## Task requirements
From the listing below, copy every line with the word "record".

━━━━━━━━━━━━━━━━━━━━

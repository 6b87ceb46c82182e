-- ===== src/Runtime/Deadline/Fire.antt =====
-- deadline.rs: what `fire_due_at` takes from a scheduler whose queue is sorted and has a pair for every entry.
use easycon_sdk.Common.{
  ℕ, ◌+◌, ◌≤◌, ◌<◌, ◌≡◌, ◌∙◌, sym, ap, ◌⊎◌, inl, inr, refl, ltb, leb, ◌||◌, true, false, Bool-cases,
  none, some, List, [], ◌∷◌, ◌++◌, length, arith,
}
use easycon_sdk.Runtime.Table.{
  get, remove, occurs, IsTable, get-remove, occurs-remove, occurs-get, occurs-append, get-append,
}
use easycon_sdk.Runtime.Deadline.{
  entry_keys, ScheduledDeadline, PendingDeadline, DeadlineSchedulerState, key_leb, prune,
  prune_stale, precedes, Due, fire_turn,
}
use easycon_sdk.Runtime.Deadline.Queue.{
  AtLeast, Sorted, Covers, member, HeadLive, HeadLive-prune, Covers-remove, Covers-prune,
  Sorted-prune, AtLeast-prune, AtLeast-member, live_entry, true-ne-false, key_leb_trans,
}

pub record IsScheduled (s : DeadlineSchedulerState) : Type 0 where
  pub unique : IsTable s.entries
  pub sorted : Sorted s.queue
  pub covered : Covers s.entries s.queue

pub prune_stale-IsScheduled :
    (s : DeadlineSchedulerState) → IsScheduled s → IsScheduled (prune_stale s)
unfolding prune_stale
prune_stale-IsScheduled s v = record {
  unique = v.unique;
  sorted = Sorted-prune s.entries s.queue v.sorted;
  covered = Covers-prune s.entries s.queue v.covered;
}

-- Every deadline of a batch comes before all pairs of the queue.
abbrev Before : Due → List (ℕ × ℕ) → Type 0
Before [] q = Unit {0}
Before ((k, d) ∷ due) q = AtLeast d.target_ns k q × Before due q

Before-prune :
    (es : List (ℕ × ScheduledDeadline)) (due : Due) (q : List (ℕ × ℕ))
    → Before due q
    → Before due (prune es q)
Before-prune es [] q h = tt
Before-prune es ((k, d) ∷ due) q h =
    (AtLeast-prune es d.target_ns k q h.0, Before-prune es due q h.1)

Before-append :
    (due : Due) (i : ℕ) (e : ScheduledDeadline) (q : List (ℕ × ℕ))
    → Before due ((e.target_ns, i) ∷ q)
    → AtLeast e.target_ns i q
    → Before (due ++ (i, e) ∷ []) q
Before-append [] i e q h a = (a, tt)
Before-append ((k, d) ∷ due) i e q h a = (h.0.1, Before-append due i e q h.1 a)

AtLeast-append :
    (t j : ℕ) (due : Due) (i : ℕ) (e : ScheduledDeadline)
    → AtLeast t j (entry_keys due)
    → key_leb t j e.target_ns i ≡ true
    → AtLeast t j (entry_keys (due ++ (i, e) ∷ []))
AtLeast-append t j [] i e h l = (l, tt)
AtLeast-append t j ((k, d) ∷ due) i e h l = (h.0, AtLeast-append t j due i e h.1 l)

Sorted-append :
    (due : Due) (i : ℕ) (e : ScheduledDeadline) (q : List (ℕ × ℕ))
    → Sorted (entry_keys due)
    → Before due ((e.target_ns, i) ∷ q)
    → Sorted (entry_keys (due ++ (i, e) ∷ []))
Sorted-append [] i e q h b = (tt, tt)
Sorted-append ((k, d) ∷ due) i e q h b =
    (AtLeast-append d.target_ns k due i e h.0 b.0.0, Sorted-append due i e q h.1 b.1)

-- What a batch has taken from `entries`: each deadline is due and no pending one precedes it.
abbrev pub IsDue : ℕ → List (ℕ × PendingDeadline) → ℕ → ScheduledDeadline → Type 0
IsDue now pending k e = (e.target_ns ≤ now) × (precedes pending e.target_ns k now ≡ false)

pub record Collecting (now : ℕ) (first s : DeadlineSchedulerState) (due : Due) : Type 0 where
  pub scheduled : IsScheduled s
  pub head_live : HeadLive s.entries s.queue
  pub same_pending : s.pending ≡ first.pending
  pub same_admission : s.admission_open ≡ first.admission_open
  pub counted : (k : ℕ) → occurs k s.entries + occurs k due ≡ occurs k first.entries
  pub kept : (k : ℕ) → get k s.entries ≡ none ⊎ get k s.entries ≡ get k first.entries
  pub all_due :
      (k : ℕ) (e : ScheduledDeadline)
      → get k due ≡ some e
      → (get k first.entries ≡ some e) × IsDue now first.pending k e
  pub rising : Sorted (entry_keys due)
  pub before : Before due s.queue

module _ (now : ℕ) (first s : DeadlineSchedulerState) (due : Due) (t i : ℕ) (q : List (ℕ × ℕ))
    (e : ScheduledDeadline) (head : s.queue ≡ (t, i) ∷ q) (there : get i s.entries ≡ some e)
    (same : e.target_ns ≡ t) (h : Collecting now first s due) where
  shown : IsScheduled s
  shown = h.scheduled

  taken_counted :
      (k : ℕ)
      → occurs k (remove i s.entries) + occurs k (due ++ (i, e) ∷ []) ≡ occurs k first.entries
  taken_counted k = ground (
    arith,
    occurs-remove k i s.entries,
    occurs-append k i e due,
    h.counted k,
    occurs-get i s.entries (shown.unique i),
  )

  taken_kept :
      (k : ℕ) → get k (remove i s.entries) ≡ none ⊎ get k (remove i s.entries) ≡ get k first.entries
  taken_kept k = ground (arith, get-remove k i s.entries, h.kept k)

  taken_origin : get i first.entries ≡ some e
  taken_origin = ground (arith, h.kept i)

  taken-IsDue :
      (leb t now ≡ true)
      → (precedes first.pending t i now ≡ false)
      → (k : ℕ) (d : ScheduledDeadline) → get k (due ++ (i, e) ∷ []) ≡ some d
      → (get k first.entries ≡ some d) × IsDue now first.pending k d
  taken-IsDue late clear k d f = elim (get-append k i e d due f) [
    | inl old ↦ h.all_due k d old
    | inr (a, b) ↦ rw (← b) (rw a (taken_origin, (rw same (ground arith), rw same clear)))
  ]

  taken-Sorted : AtLeast t i q × Sorted q
  taken-Sorted = rw head at (shown.sorted)

  taken :
      (leb t now ≡ true)
      → (precedes first.pending t i now ≡ false)
      → Collecting now first
          (prune_stale (record s { queue = q; entries = remove i s.entries }))
          (due ++ (i, e) ∷ [])
  unfolding prune_stale
  taken late clear = record {
    scheduled = record {
      unique = λ k. ground (arith, occurs-remove k i s.entries, shown.unique k);
      sorted = Sorted-prune (remove i s.entries) q taken-Sorted.1;
      covered =
          Covers-prune (remove i s.entries) q
            (Covers-remove s.entries t i q (rw head at (shown.covered)));
    };
    head_live = HeadLive-prune (remove i s.entries) q;
    same_pending = h.same_pending;
    same_admission = h.same_admission;
    counted = taken_counted;
    kept = taken_kept;
    all_due = taken-IsDue late clear;
    rising = Sorted-append due i e q h.rising taken_before;
    before =
        Before-prune (remove i s.entries) (due ++ (i, e) ∷ []) q
          (Before-append due i e q taken_before (rw same taken-Sorted.0));
  }
    where
      taken_before : Before due ((e.target_ns, i) ∷ q)
      taken_before = rw same (rw head at (h.before))

-- Where the loop ends: all that is still in the scheduler and due comes after a pending deadline.
abbrev pub Finished : ℕ → DeadlineSchedulerState → Type 0
Finished now s =
    (k : ℕ) (e : ScheduledDeadline)
    → get k s.entries ≡ some e
    → e.target_ns ≤ now
    → precedes s.pending e.target_ns k now ≡ true

precedes-higher :
    (pending : List (ℕ × PendingDeadline)) (t i u j now : ℕ)
    → key_leb t i u j ≡ true
    → precedes pending t i now ≡ true
    → precedes pending u j now ≡ true
precedes-higher [] t i u j now l h = h
precedes-higher ((k, p) ∷ pending) t i u j now l h =
    ground (arith, precedes-higher pending t i u j now, key_leb_trans p.target_ns k t i u j)

pub data Turn (now : ℕ) (first s : DeadlineSchedulerState) (due : Due) : Type 0 where
  ends : fire_turn now s due ≡ none → Finished now s → Turn now first s due
  goes_on :
      (s' : DeadlineSchedulerState) (due' : Due)
      → fire_turn now s due ≡ some (s', due')
      → length s'.queue < length s.queue
      → Collecting now first s' due'
      → Turn now first s due

pub length-prune :
    (es : List (ℕ × ScheduledDeadline)) (q : List (ℕ × ℕ)) → length (prune es q) ≤ length q
length-prune es [] = omega arith
length-prune es ((t, i) ∷ q) = ground (arith, length-prune es q)

module _ (now : ℕ) (first s : DeadlineSchedulerState) (due : Due)
    (h : Collecting now first s due) where
  blocked :
      (t i : ℕ) (q : List (ℕ × ℕ))
      → s.queue ≡ (t, i) ∷ q
      → (ltb now t || precedes s.pending t i now) ≡ true
      → Finished now s
  blocked t i q head stop k e found late =
      let covered : (member e.target_ns k ((t, i) ∷ q)) ≡ true =
        ap (member e.target_ns k) (sym head) ∙ h.scheduled.covered k e found in
      let sorted : Sorted ((t, i) ∷ q) = rw head at (h.scheduled.sorted) in
      let later : key_leb t i e.target_ns k ≡ true =
        ground (arith, AtLeast-member t i e.target_ns k q) in
      ground (arith, precedes-higher s.pending t i e.target_ns k now)

  nothing :
      {A : Type 0} (k : ℕ) (e : ScheduledDeadline) → get k s.entries ≡ some e → s.queue ≡ [] → A
  nothing k e found head =
      let covered = h.scheduled.covered k e found in
      absurd (true-ne-false (sym covered ∙ ap (member e.target_ns k) head))

  step_on :
      (t i : ℕ) (q : List (ℕ × ℕ))
      → s.queue ≡ (t, i) ∷ q
      → (ltb now t || precedes s.pending t i now) ≡ false
      → Turn now first s due
  unfolding fire_turn prune_stale
  step_on t i q head go =
      let live : HeadLive s.entries ((t, i) ∷ q) = rw head at (h.head_live) in
      let (e, there, same) = live_entry s.entries t i live in
      let clear : precedes first.pending t i now ≡ false = rw (← h.same_pending) (ground arith) in
      goes_on (prune_stale (record s { queue = q; entries = remove i s.entries }))
        (due ++ (i, e) ∷ []) (rw (head, go, there))
        (ground (arith, length-prune (remove i s.entries) q))
        (taken now first s due t i q e head there same h (ground arith) clear)

  pub turns : Turn now first s due
  unfolding fire_turn
  turns = on_queue s.queue refl
    where
      on_queue : (queue : List (ℕ × ℕ)) → s.queue ≡ queue → Turn now first s due
      on_queue [] head = ends (rw head) (λ k e found late. nothing k e found head)
      on_queue ((t, i) ∷ q) head = elim (Bool-cases (ltb now t || precedes s.pending t i now)) [
        | inl stop ↦ ends (rw (head, stop)) (blocked t i q head stop)
        | inr go ↦ step_on t i q head go
      ]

━━━━━━━━━━━━━━━━━━━━

## Written solution
pub record IsScheduled (s : DeadlineSchedulerState) : Type 0 where
prune_stale-IsScheduled s v = record {
pub record Collecting (now : ℕ) (first s : DeadlineSchedulerState) (due : Due) : Type 0 where
          (prune_stale (record s { queue = q; entries = remove i s.entries }))
  taken late clear = record {
    scheduled = record {
      goes_on (prune_stale (record s { queue = q; entries = remove i s.entries }))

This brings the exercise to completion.